DIRECTIONS FOR THIS TASK:
Once you find a line containing the word "SendField" in the entries below, copy it.

•••

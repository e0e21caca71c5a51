-- ===== src/Api/Send/Command.antt =====
-- internal/api/v1.go: which commands a request can make OpenBTS run.
use gsm_system.Base.{
  ℕ, ◌≡◌, ◌≢◌, ◌≤◌, refl, subst, leb, Bool, true, false, not, ◌&&◌, [], ◌∷◌, List, Option, none,
  some, length, any, all, All, All-of_all, ◌==◌, Bool-cases, inl, inr, arith, ==_iff, and-eq-true,
}
use mathlib.Core.Bool.{false≢true}
use gsm_system.Base.Text.{Text, codes, is_empty, is_digit}
use gsm_system.Base.Number.{is_digits}
use gsm_system.Gsm.Params.{valid_imsi, valid_number}
use gsm_system.Api.Cell.{Code}
use gsm_system.Api.Send.{
  CliExit, validate_sms_text, safe_character, SmsRequest, SendField, send_issues, send_command,
  send_checked, handle_sms_send,
}

-- No quote, backslash or control character, and nothing above ASCII.
abbrev pub IsPlain : ℕ → Type 0
IsPlain c = (c ≢ 34) × (c ≢ 92) × (32 ≤ c) × (c ≤ 126)

abbrev pub AreDigits : Text → Type 0
AreDigits s = All (λ c. is_digit c ≡ true) s

-- What a command that was given satisfies.
pub record IsSafe (ready : Bool) (b : SmsRequest) (command : Text) : Type 0 where
  pub form : command ≡ send_command b
  pub imsi : (length b.imsi ≡ 15) × AreDigits b.imsi
  pub sender : (2 ≤ length b.sender) × (length b.sender ≤ 15) × AreDigits b.sender
  pub text : (b.text ≢ []) × (length b.text ≤ 159) × All IsPlain b.text
  pub sms_ready : ready ≡ true

abbrev pub OnCommand : Bool → SmsRequest → Option Text → Type 0
OnCommand ready b none = Unit
OnCommand ready b (some c) = IsSafe ready b c

some-ne_none : {A : Type 0} {a : A} → ◌≢◌ {A = Option A} (some a) none
some-ne_none e = cc

any-All : (P : ℕ → Type 0) (c : ℕ) (l : Text) → All P l → any (λ d. d == c) l ≡ true → P c
any-All P c [] a h = absurd (false≢true h)
any-All P c (d ∷ l) a h = elim (Bool-cases (d == c)) [
  | inl e ↦ subst P ((==_iff d c).0 e) a.0
  | inr e ↦ any-All P c l a.1 (rw e at h)
]

is_plain : ℕ → Bool
is_plain c = not (c == 34) && not (c == 92) && leb 32 c && leb c 126

is_plain-IsPlain : (c : ℕ) → is_plain c ≡ true → IsPlain c
unfolding is_plain
is_plain-IsPlain c h = ((λ e. ground arith), (λ e. ground arith), (ground arith), (ground arith))

safe_letters : Text
safe_letters =
    codes "@!#$%&()*+,-./0123456789:;<=>?ABCDEFGHIJKLMNOPQRSTUVWXYZ_abcdefghijklmnopqrstuvwxyz "

safe_letters-plain : all is_plain safe_letters ≡ true
unfolding is_plain safe_letters
safe_letters-plain = refl

safe_character-IsPlain : (c : ℕ) → safe_character c ≡ true → IsPlain c
unfolding safe_letters
safe_character-IsPlain c h =
    any-All IsPlain c safe_letters
      (All-of_all IsPlain is_plain is_plain-IsPlain safe_letters safe_letters-plain) h

valid_text : (s : Text) → validate_sms_text s ≡ none → (s ≢ []) × (length s ≤ 159) × All IsPlain s
unfolding validate_sms_text
valid_text [] h = absurd (some-ne_none h)
valid_text (c ∷ s) h = (
  (λ e. cc),
  (ground arith),
  All-of_all IsPlain safe_character safe_character-IsPlain (c ∷ s) (ground arith),
)

digits-AreDigits : (s : Text) → is_digits s ≡ true → AreDigits s
unfolding is_digits
digits-AreDigits s h =
    All-of_all (λ c. is_digit c ≡ true) is_digit (λ c e. e) s
      (and-eq-true (not (is_empty s)) (all is_digit s) h).1

valid_imsi-AreDigits : (s : Text) → valid_imsi s ≡ true → (length s ≡ 15) × AreDigits s
unfolding valid_imsi
valid_imsi-AreDigits s h =
    let parts = and-eq-true (length s == 15) (is_digits s) h in
    ((==_iff (length s) 15).0 parts.0, digits-AreDigits s parts.1)

valid_number-AreDigits :
    (s : Text) → valid_number s ≡ true → (2 ≤ length s) × (length s ≤ 15) × AreDigits s
unfolding valid_number
valid_number-AreDigits s h = (ground arith, ground arith, digits-AreDigits s (ground arith))

issues_none :
    (b : SmsRequest)
    → send_issues b ≡ []
    → (valid_imsi b.imsi ≡ true)
      × (valid_number b.sender ≡ true)
      × (validate_sms_text b.text ≡ none)
unfolding send_issues
issues_none b h = (ground arith, ground arith, ground arith)

module _ (fold : Text → Text) (bin : Text) (cli : Text → CliExit) where
  send_checked-OnCommand :
      (ready : Bool) (b : SmsRequest) (l : List SendField)
      → send_issues b ≡ l
      → OnCommand ready b (send_checked fold bin cli ready b l).command
  send_checked-OnCommand ready b (i ∷ l) h = tt
  send_checked-OnCommand false b [] h = tt
  send_checked-OnCommand true b [] h =
      let parts = issues_none b h in
      record {
        form = refl;
        imsi = valid_imsi-AreDigits b.imsi parts.0;
        sender = valid_number-AreDigits b.sender parts.1;
        text = valid_text b.text parts.2;
        sms_ready = refl;
      }

  -- Whatever a request holds, a command is only given to OpenBTS when its message services are
  -- ready, and it is `sendsms` with an IMSI of fifteen digits, a sender of two to fifteen digits
  -- and, in quotes, a text of one to 159 printable ASCII characters without a quote or a
  -- backslash: no request can end the quoted text.
  pub handle_sms_send-IsSafe :
      (c : Code) (ready : Bool) (b : SmsRequest)
      → OnCommand ready b (handle_sms_send fold bin cli c ready b).command
  unfolding handle_sms_send
  handle_sms_send-IsSafe Code.ok ready b = send_checked-OnCommand ready b (send_issues b) refl
  handle_sms_send-IsSafe c ready b = tt
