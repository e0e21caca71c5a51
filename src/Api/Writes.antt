-- ===== src/Api/Writes.antt =====
-- internal/api/v1.go and internal/api/presets.go: the requests that change the configuration, the
-- presets, the subscriber registry and the network rule. A body is given decoded, with the code of
-- decoding it; a flag says whether an error stands for a file that does not exist.
pub mod Guarded
pub mod Agree
use gsm_system.Base.{
  ℕ, Bool, true, false, not, ◌&&◌, ◌||◌, [], ◌∷◌, ◌++◌, List, map, Option, none, some, length, ltb,
  if◌then◌else◌,
}
use gsm_system.Base.Text.{Text, codes, is_empty, one_of, trim_space}
use gsm_system.Gsm.Params.{
  FieldIssue, StartParams, is_blank, valid_number, valid_interface_name, validate_detailed,
}
use gsm_system.Gsm.Presets.{
  Preset, PresetError, not_found, exists, invalid, store_failed, valid_preset_id,
}
use gsm_system.Gsm.Presets.Store.{
  State, PersistFaults, create, update, delete_preset, list_presets, get_preset,
}
use gsm_system.Gsm.Manager.{Seen, Manager, Gated, refused, ran, with_stopped_cell}
use gsm_system.Gsm.Manager.Profile.{ProfileFile, load_profile}
use gsm_system.Gsm.Database.{
  Values, Update, ConfigError, update_config, query_fails, transaction_fails, cell_is_running,
}
use gsm_system.Subscriber.Binding.{
  StoreError, conflict, inconsistent, fails, Answer, answer, error, Result, StoreEnv, Rows, get,
  bind_number, unbind_number,
}
use gsm_system.NetworkRule.{
  Iptables, RuleError, Presence, is_present, is_absent, unknown, present, ensure,
}
use gsm_system.Api.Cell.{Code, read_error_code}
use gsm_system.Api.Identity.{service_codes}

-- The error of `UpdateConfig`, in the order of the cases.
unfoldable pub config_code : Bool → Option ConfigError → Code
config_code missing none = Code.ok
config_code missing (some cell_is_running) = Code.conflict
config_code missing (some query_fails) = if missing then Code.unknown else Code.internal
config_code missing (some transaction_fails) = if missing then Code.unknown else Code.internal
config_code missing (some _) = Code.refused

-- The answer and the script that was run, if one was.
abbrev config_reply : Bool → Update → Code × Option Text
config_reply missing u = (config_code missing u.error, u.script)

-- `handleConfigPatch`
unfoldable pub handle_config_patch :
    Seen → Manager → Option Text → Bool → Bool → Code → Values → Code × Option Text
unfolding config_code
handle_config_patch seen m out runs missing Code.ok [] = (Code.refused, none)
handle_config_patch seen m out runs missing Code.ok (u ∷ l) =
    config_reply missing (update_config seen m out runs (u ∷ l))
handle_config_patch seen m out runs missing c values = (c, none)

-- `validateBindingNumber`
unfoldable pub valid_binding_number : Text → Bool
valid_binding_number number = valid_number number && not (one_of service_codes number)

-- `writeSubscriberError`
unfoldable pub subscriber_code : Bool → StoreError → Code
subscriber_code missing StoreError.not_found = Code.unknown
subscriber_code missing conflict = Code.conflict
subscriber_code missing inconsistent = Code.conflict
subscriber_code missing fails = if missing then Code.unknown else Code.internal

abbrev pub subscriber_reply {ℓ} : {A : Type ℓ} → Bool → Answer A → Code × Answer A
subscriber_reply missing (error e) = (subscriber_code missing e, error e)
subscriber_reply missing (answer r) = (Code.ok, answer r)

abbrev pub bind_tested : Bool → StoreEnv → Text → Bool → Code × Option (Answer Result)
bind_tested missing env number true =
    let (c, a) = subscriber_reply missing (bind_number env number) in (c, some a)
bind_tested missing env number false = (Code.refused, none)

-- `handleSubscriberBind`; a refused request asks nothing of the store.
unfoldable pub handle_subscriber_bind :
    Bool → StoreEnv → Code → Text → Code × Option (Answer Result)
unfolding subscriber_code valid_binding_number
handle_subscriber_bind missing env Code.ok number =
    bind_tested missing env number (valid_binding_number number)
handle_subscriber_bind missing env c number = (c, none)

-- `handleSubscriberUnbind`
unfoldable pub handle_subscriber_unbind : Bool → StoreEnv → Code × Answer Result
unfolding subscriber_code
handle_subscriber_unbind missing env = subscriber_reply missing (unbind_number env)

-- `validateIface`
unfoldable pub validate_iface : Text → Bool
validate_iface iface = valid_interface_name (trim_space iface)

-- `savedOrExplicitIface`; `none` is its error.
abbrev checked_iface : Text → Option Text
checked_iface iface = if validate_iface iface then some iface else none

abbrev saved_iface : Option StartParams → Option Text
saved_iface none = none
saved_iface (some p) = checked_iface (trim_space p.network)

unfoldable pub saved_or_explicit_iface : ProfileFile → Text → Option Text
unfolding validate_iface
saved_or_explicit_iface saved explicit =
    if is_empty (trim_space explicit)
    then saved_iface (load_profile saved)
    else checked_iface (trim_space explicit)

abbrev query_iface : ProfileFile → Option Text → Option Text
query_iface saved none = saved_or_explicit_iface saved []
query_iface saved (some v) = checked_iface (trim_space v)

module _ {Table : Type 0} (iptables : Iptables Table) where
  -- What `WithStoppedCell` runs: the rule, with whether it changed.
  abbrev pub rule_operation : Text → Table × Bool → (Table × Bool) × Option RuleError
  rule_operation iface (t, changed) =
      let (t', changed', e) = ensure iptables iface t in ((t', changed'), e)

  abbrev pub rule_code : Gated RuleError → Code
  rule_code refused = Code.conflict
  rule_code (ran none) = Code.ok
  rule_code (ran (some e)) = Code.no_hardware

  -- `handleNetworkPut`: the table, whether the answer says that it changed, and the code.
  unfoldable pub handle_network_put : Seen → Manager → Code → Text → Table → Table × Bool × Code
  unfolding validate_iface with_stopped_cell
  handle_network_put seen m Code.ok body t =
      let iface = trim_space body in
      if validate_iface iface
      then (let ((t', changed), g) = with_stopped_cell seen m (rule_operation iface) (t, false) in
          (t', changed, rule_code g))
      else (t, false, Code.refused)
  handle_network_put seen m c body t = (t, false, c)

  abbrev presence_reply : Presence → Code × Option Bool
  presence_reply is_present = (Code.ok, some true)
  presence_reply is_absent = (Code.ok, some false)
  presence_reply (unknown e) = (Code.no_hardware, none)

  abbrev iface_reply : Table → Option Text → Code × Option Bool
  iface_reply t none = (Code.refused, none)
  iface_reply t (some iface) = presence_reply (present iptables iface t)

  -- The end of `handleNetworkGet`, of the value that the query gives for `iface`, if it gives one.
  unfoldable pub handle_network_get : ProfileFile → Option Text → Table → Code × Option Bool
  handle_network_get saved query t = iface_reply t (query_iface saved query)

pub data PresetField : Type 0 where
  id_field name_required name_too_long description_too_long : PresetField
  params_field : FieldIssue → PresetField

abbrev pub if_not : Bool → PresetField → List PresetField
if_not ok f = if ok then [] else f ∷ []

-- `validatePresetRequest`
unfoldable pub validate_preset_request : Preset → Bool → List PresetField
unfolding valid_preset_id validate_detailed
validate_preset_request p include_id =
    if_not (not include_id || valid_preset_id p.id) id_field
    ++ ((if is_blank p.name
          then name_required ∷ []
          else if_not (not (ltb 128 (length p.name))) name_too_long)
        ++ (if_not (not (ltb 2048 (length p.description))) description_too_long
            ++ map params_field (validate_detailed p.params)))

-- `writePresetMutationError`
unfoldable pub mutation_code : Option PresetError → Code
mutation_code none = Code.ok
mutation_code (some not_found) = Code.unknown
mutation_code (some exists) = Code.conflict
mutation_code (some invalid) = Code.refused
mutation_code (some store_failed) = Code.internal

abbrev pub mutation_reply : State × Option PresetError → State × Code
mutation_reply (s, e) = (s, mutation_code e)

abbrev create_valid : PersistFaults → Preset → State → List PresetField → State × Code
create_valid f p s [] = mutation_reply (create f p s)
create_valid f p s (i ∷ l) = (s, Code.refused)

-- `handlePresets` with POST
unfoldable pub handle_preset_create : PersistFaults → Code → Preset → State → State × Code
unfolding mutation_code validate_preset_request
handle_preset_create f Code.ok p s = create_valid f p s (validate_preset_request p true)
handle_preset_create f c p s = (s, c)

abbrev update_valid : PersistFaults → Text → Preset → State → List PresetField → State × Code
update_valid f id p s [] = mutation_reply (update f id p s)
update_valid f id p s (i ∷ l) = (s, Code.refused)

-- `routePreset` with PUT, of an identifier that is valid
unfoldable pub handle_preset_update : PersistFaults → Code → Text → Preset → State → State × Code
unfolding mutation_code validate_preset_request
handle_preset_update f Code.ok id given s =
    let p = record given { id = id } in update_valid f id p s (validate_preset_request p false)
handle_preset_update f c id given s = (s, c)

-- `routePreset` with DELETE
unfoldable pub handle_preset_delete : PersistFaults → Text → State → State × Code
unfolding mutation_code
handle_preset_delete f id s = mutation_reply (delete_preset f id s)

abbrev read_code : Option PresetError → Code
read_code none = Code.ok
read_code (some e) = read_error_code e

-- `routePreset` with GET
unfoldable pub handle_preset_get : Text → State → Code × Option Preset
handle_preset_get id s = let (e, p) = get_preset id s in (read_code e, p)

abbrev list_code : Option PresetError → Code
list_code none = Code.ok
list_code (some e) = Code.internal

-- `handlePresets` with GET
unfoldable pub handle_preset_list : State → Code × List Preset
handle_preset_list s = let (e, items) = list_presets s in (list_code e, items)
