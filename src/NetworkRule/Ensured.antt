-- ===== src/NetworkRule/Ensured.antt =====
-- After a successful `Ensure` the rule is there, once.
use gsm_system.Base.{zero, suc, ◌≡◌, refl, ap, false, none, some}
use gsm_system.Base.Text.{Text}
use gsm_system.NetworkRule.{
  Exit, exited, unavailable, Iptables, Presence, is_present, is_absent, unknown, presence_of,
  present, appended, ensure_from, ensure,
}

module _ {Table : Type 0} (iptables : Iptables Table)
    (append_adds : (iface : Text) (t t' : Table)
      → iptables.append iface t ≡ (t', exited 0)
      → iptables.check iface t' ≡ exited 0) where
  some≢none : {A : Type 0} {a : A} → some a ≡ none → ⊥
  some≢none = cc

  ensured_append :
      (iface : Text) (t : Table) (r : Table × Exit)
      → iptables.append iface t ≡ r
      → (appended iptables r).2 ≡ none
      → present iptables iface (appended iptables r).0 ≡ is_present
  unfolding present
  ensured_append iface t (t', exited zero) e h = ap presence_of (append_adds iface t t' e)
  ensured_append iface t (t', exited (suc n)) e h = absurd (some≢none h)
  ensured_append iface t (t', unavailable) e h = absurd (some≢none h)

  ensured_from :
      (iface : Text) (t : Table) (p : Presence)
      → present iptables iface t ≡ p
      → (ensure_from iptables iface t p).2 ≡ none
      → present iptables iface (ensure_from iptables iface t p).0 ≡ is_present
  ensured_from iface t is_present e h = e
  ensured_from iface t is_absent e h = ensured_append iface t (iptables.append iface t) refl h
  ensured_from iface t (unknown err) e h = absurd (some≢none h)

  ensure-present :
      (iface : Text) (t : Table)
      → present iptables iface t ≡ is_present
      → ensure iptables iface t ≡ (t, false, none)
  unfolding ensure
  ensure-present iface t e = ap (ensure_from iptables iface t) e

  -- If a successful append of iptables makes its check of the same rule succeed, then after an
  -- `Ensure` without an error the rule is present, and a second `Ensure` changes nothing, reports
  -- that it changed nothing and no error: the rule is never added twice.
  pub ensure_twice :
      (iface : Text) (t : Table)
      → (ensure iptables iface t).2 ≡ none
      → (present iptables iface (ensure iptables iface t).0 ≡ is_present)
        × (ensure iptables iface (ensure iptables iface t).0
            ≡ ((ensure iptables iface t).0, false, none))
  unfolding ensure
  ensure_twice iface t h =
      let there = ensured_from iface t (present iptables iface t) refl h in
      (there, ensure-present iface (ensure iptables iface t).0 there)
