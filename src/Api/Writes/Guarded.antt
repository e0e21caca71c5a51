-- ===== src/Api/Writes/Guarded.antt =====
-- internal/api/v1.go: when a request may change the network rule, and what an accepted binding is.
use gsm_system.Base.{
  ◌≡◌, refl, ap, ◌∙◌, ◌⊎◌, Bool, true, false, Option, none, some, Bool-cases, inl, inr, arith,
}
use gsm_system.Base.Text.{Text, trim_space, one_of}
use gsm_system.Gsm.Params.{valid_number}
use gsm_system.Gsm.Manager.{Seen, Manager, ran, cell_running, with_stopped_cell}
use gsm_system.Subscriber.Binding.{
  StoreError, conflict, inconsistent, fails, StoreEnv, Answer, answer, error, Result, bind_number,
}
use gsm_system.Subscriber.Agree.{OnAnswer, Binds, bind_number-Binds}
use gsm_system.NetworkRule.{exited, Iptables, RuleError, is_present, present, ensure}
use gsm_system.NetworkRule.Ensured.{ensure_twice}
use gsm_system.Api.Cell.{Code}
use gsm_system.Api.Identity.{service_codes}
use gsm_system.Api.Writes.{
  validate_iface, rule_code, handle_network_put, valid_binding_number, bind_tested,
  subscriber_reply, subscriber_code, handle_subscriber_bind,
}

abbrev pub is_ok : Code → Bool
is_ok Code.ok = true
is_ok _ = false

-- A property where the answer is no error.
abbrev pub WhenOk : Code → Type 0 → Type 0
WhenOk Code.ok P = P
WhenOk _ P = Unit

when_ok : (c : Code) {P : Type 0} → (is_ok c ≡ true → P) → WhenOk c P
when_ok Code.ok f = f refl
when_ok _ f = tt

module _ {Table : Type 0} (iptables : Iptables Table) where
  -- Either the rules are as they were and the answer is an error, or the cell was stopped, the
  -- interface valid, and the rule was ensured.
  data PutNetwork (seen : Seen) (m : Manager) (body : Text) (t : Table) (r : Table × Bool × Code)
      : Type 0 where
    kept : r.0 ≡ t → r.1 ≡ false → is_ok r.2 ≡ false → PutNetwork seen m body t r
    ensured :
        cell_running seen m ≡ false
        → validate_iface (trim_space body) ≡ true
        → (r.0 ≡ (ensure iptables (trim_space body) t).0)
        → (r.1 ≡ (ensure iptables (trim_space body) t).1)
        → (is_ok r.2 ≡ true → (ensure iptables (trim_space body) t).2 ≡ none)
        → PutNetwork seen m body t r

  is_ok-ran : (e : Option RuleError) → is_ok (rule_code iptables (ran e)) ≡ true → e ≡ none
  is_ok-ran none h = refl
  is_ok-ran (some e) h = absurd (cc h)

  handle_network_put-PutNetwork :
      (seen : Seen) (m : Manager) (c : Code) (body : Text) (t : Table)
      → PutNetwork seen m body t (handle_network_put iptables seen m c body t)
  unfolding handle_network_put with_stopped_cell
  handle_network_put-PutNetwork seen m Code.ok body t =
      elim (Bool-cases (validate_iface (trim_space body))) [
        | inr bad ↦ rw bad (kept refl refl refl)
        | inl good ↦ elim (Bool-cases (cell_running seen m)) [
          | inl runs ↦ rw good (rw runs (kept refl refl refl))
          | inr idle ↦ rw good (
              rw idle
                (ensured idle good refl refl (is_ok-ran (ensure iptables (trim_space body) t).2)))
        ]
      ]
  handle_network_put-PutNetwork seen m c body t = kept refl refl refl

  -- The rules are as they were and the answer is an error; or the cell was stopped, the interface
  -- name is valid, and after an answer without an error the rule is present.
  abbrev pub IsGuarded : Seen → Manager → Text → Table → Table × Bool × Code → Type 0
  IsGuarded seen m body t r =
      ((r.0 ≡ t) × (r.1 ≡ false) × (is_ok r.2 ≡ false))
      ⊎ ((cell_running seen m ≡ false)
          × (validate_iface (trim_space body) ≡ true)
          × WhenOk r.2 (present iptables (trim_space body) r.0 ≡ is_present))

  PutNetwork-IsGuarded :
      (append_adds : (iface : Text) (t t' : Table)
        → iptables.append iface t ≡ (t', exited 0)
        → iptables.check iface t' ≡ exited 0)
      (seen : Seen) (m : Manager) (body : Text) (t : Table) (r : Table × Bool × Code)
      → PutNetwork seen m body t r
      → IsGuarded seen m body t r
  PutNetwork-IsGuarded adds seen m body t r (kept same unchanged bad) = inl (same, unchanged, bad)
  PutNetwork-IsGuarded adds seen m body t r (ensured idle good table changed fine) = inr (
    idle,
    good,
    when_ok r.2 λ h.
        ap (λ t'. present iptables (trim_space body) t') table
        ∙ (ensure_twice iptables adds (trim_space body) t (fine h)).0,
  )

  -- If a successful append of iptables makes its check of the same rule succeed: a request for the
  -- network rule changes nothing and is answered with an error, or it found the cell stopped and
  -- the interface name valid, and then the rule is present when the answer is no error. While the
  -- cell runs only the first can be.
  pub handle_network_put-IsGuarded :
      (append_adds : (iface : Text) (t t' : Table)
        → iptables.append iface t ≡ (t', exited 0)
        → iptables.check iface t' ≡ exited 0)
      (seen : Seen) (m : Manager) (c : Code) (body : Text) (t : Table)
      → IsGuarded seen m body t (handle_network_put iptables seen m c body t)
  handle_network_put-IsGuarded adds seen m c body t =
      PutNetwork-IsGuarded adds seen m body t (handle_network_put iptables seen m c body t)
        (handle_network_put-PutNetwork seen m c body t)

subscriber_code-error :
    (missing : Bool) (e : StoreError) → is_ok (subscriber_code missing e) ≡ false
unfolding subscriber_code
subscriber_code-error missing StoreError.not_found = refl
subscriber_code-error missing conflict = refl
subscriber_code-error missing inconsistent = refl
subscriber_code-error true fails = refl
subscriber_code-error false fails = refl

-- What an accepted binding guarantees.
abbrev pub AcceptsBinding : StoreEnv → Text → Option (Answer Result) → Type 0
AcceptsBinding env number r =
    (bound : Result) × (r ≡ some (answer bound))
    × Binds env number bound
    × (valid_number number ≡ true)
    × (one_of service_codes number ≡ false)

ok-ne_error : (c : Code) → is_ok c ≡ true → is_ok c ≡ false → ⊥
ok-ne_error c h k = cc

reply-AcceptsBinding :
    (missing : Bool) (env : StoreEnv) (number : Text) (a : Answer Result)
    → OnAnswer (Binds env number) a
    → valid_number number ≡ true
    → one_of service_codes number ≡ false
    → is_ok (subscriber_reply missing a).0 ≡ true
    → AcceptsBinding env number (some (subscriber_reply missing a).1)
reply-AcceptsBinding missing env number (error e) b v s h =
    absurd (ok-ne_error (subscriber_code missing e) h (subscriber_code-error missing e))
reply-AcceptsBinding missing env number (answer r) b v s h = (r, refl, b, v, s)

binding_parts :
    (number : Text)
    → valid_binding_number number ≡ true
    → (valid_number number ≡ true) × (one_of service_codes number ≡ false)
unfolding valid_binding_number
binding_parts number h = (ground arith, ground arith)

-- A request to bind a number that is answered without an error: the number has two to fifteen
-- digits and is no service number, and the answer is a subscriber that the registry shows after
-- the transaction, with exactly this number and both tables agreeing, which nobody else held.
pub handle_subscriber_bind-AcceptsBinding :
    (missing : Bool) (env : StoreEnv) (number : Text)
    → is_ok (handle_subscriber_bind missing env Code.ok number).0 ≡ true
    → AcceptsBinding env number (handle_subscriber_bind missing env Code.ok number).1
unfolding handle_subscriber_bind
handle_subscriber_bind-AcceptsBinding missing env number h =
    by_test (valid_binding_number number) refl h
  where
    by_test :
        (b : Bool)
        → valid_binding_number number ≡ b
        → is_ok (bind_tested missing env number b).0 ≡ true
        → AcceptsBinding env number (bind_tested missing env number b).1
    by_test true v k =
        reply-AcceptsBinding missing env number (bind_number env number)
          (bind_number-Binds env number) (binding_parts number v).0 (binding_parts number v).1 k
    by_test false v k = absurd (cc k)
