-- ===== src/Api/Writes/Agree.antt =====
-- internal/api/presets.go: the check of a request agrees with the check of the store.
use gsm_system.Base.{
  ◌≡◌, ◌↔◌, refl, Bool, true, false, not, ◌&&◌, ◌||◌, [], ◌∷◌, ◌++◌, List, map, Option, none, some,
  length, ltb, if◌then◌else◌,
}
use gsm_system.Gsm.Params.{FieldIssue, is_blank, validate, validate_detailed}
use gsm_system.Gsm.Presets.{Preset, valid_preset_id, valid_preset}
use gsm_system.Api.Writes.{
  PresetField, id_field, name_required, name_too_long, description_too_long, params_field, if_not,
  validate_preset_request,
}

abbrev has_none : Option FieldIssue → Bool
has_none none = true
has_none (some _) = false

abbrev first_issue : List FieldIssue → Option FieldIssue
first_issue [] = none
first_issue (i ∷ _) = some i

abbrev issues : Bool → Bool → Bool → Bool → List FieldIssue → List PresetField
issues id blank long described l =
    if_not id id_field
    ++ ((if blank then name_required ∷ [] else if_not (not long) name_too_long)
        ++ (if_not (not described) description_too_long ++ map params_field l))

agree :
    (id blank long described : Bool) (l : List FieldIssue)
    → (issues id blank long described l ≡ [])
      ↔ ((id && not (blank || long) && not described && has_none (first_issue l)) ≡ true)
agree true false false false [] = ((λ h. refl), (λ h. refl))
agree true false false false (i ∷ l) = ((λ h. cc), (λ h. cc))
agree true false false true l = ((λ h. cc), (λ h. cc))
agree true false true described l = ((λ h. cc), (λ h. cc))
agree true true long described l = ((λ h. cc), (λ h. cc))
agree false blank long described l = ((λ h. cc), (λ h. cc))

-- A request to create a preset has nothing to refuse exactly when the store's own check accepts
-- the preset.
pub validate_preset_request_iff :
    (p : Preset) → (validate_preset_request p true ≡ []) ↔ (valid_preset p ≡ true)
unfolding validate_preset_request valid_preset validate
validate_preset_request_iff p =
    agree (valid_preset_id p.id) (is_blank p.name) (ltb 128 (length p.name))
      (ltb 2048 (length p.description)) (validate_detailed p.params)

•••

ANSWER FOR THIS EXERCISE:
  CliExit, validate_sms_text, safe_character, SmsRequest, SendField, send_issues, send_command,
      (ready : Bool) (b : SmsRequest) (l : List SendField)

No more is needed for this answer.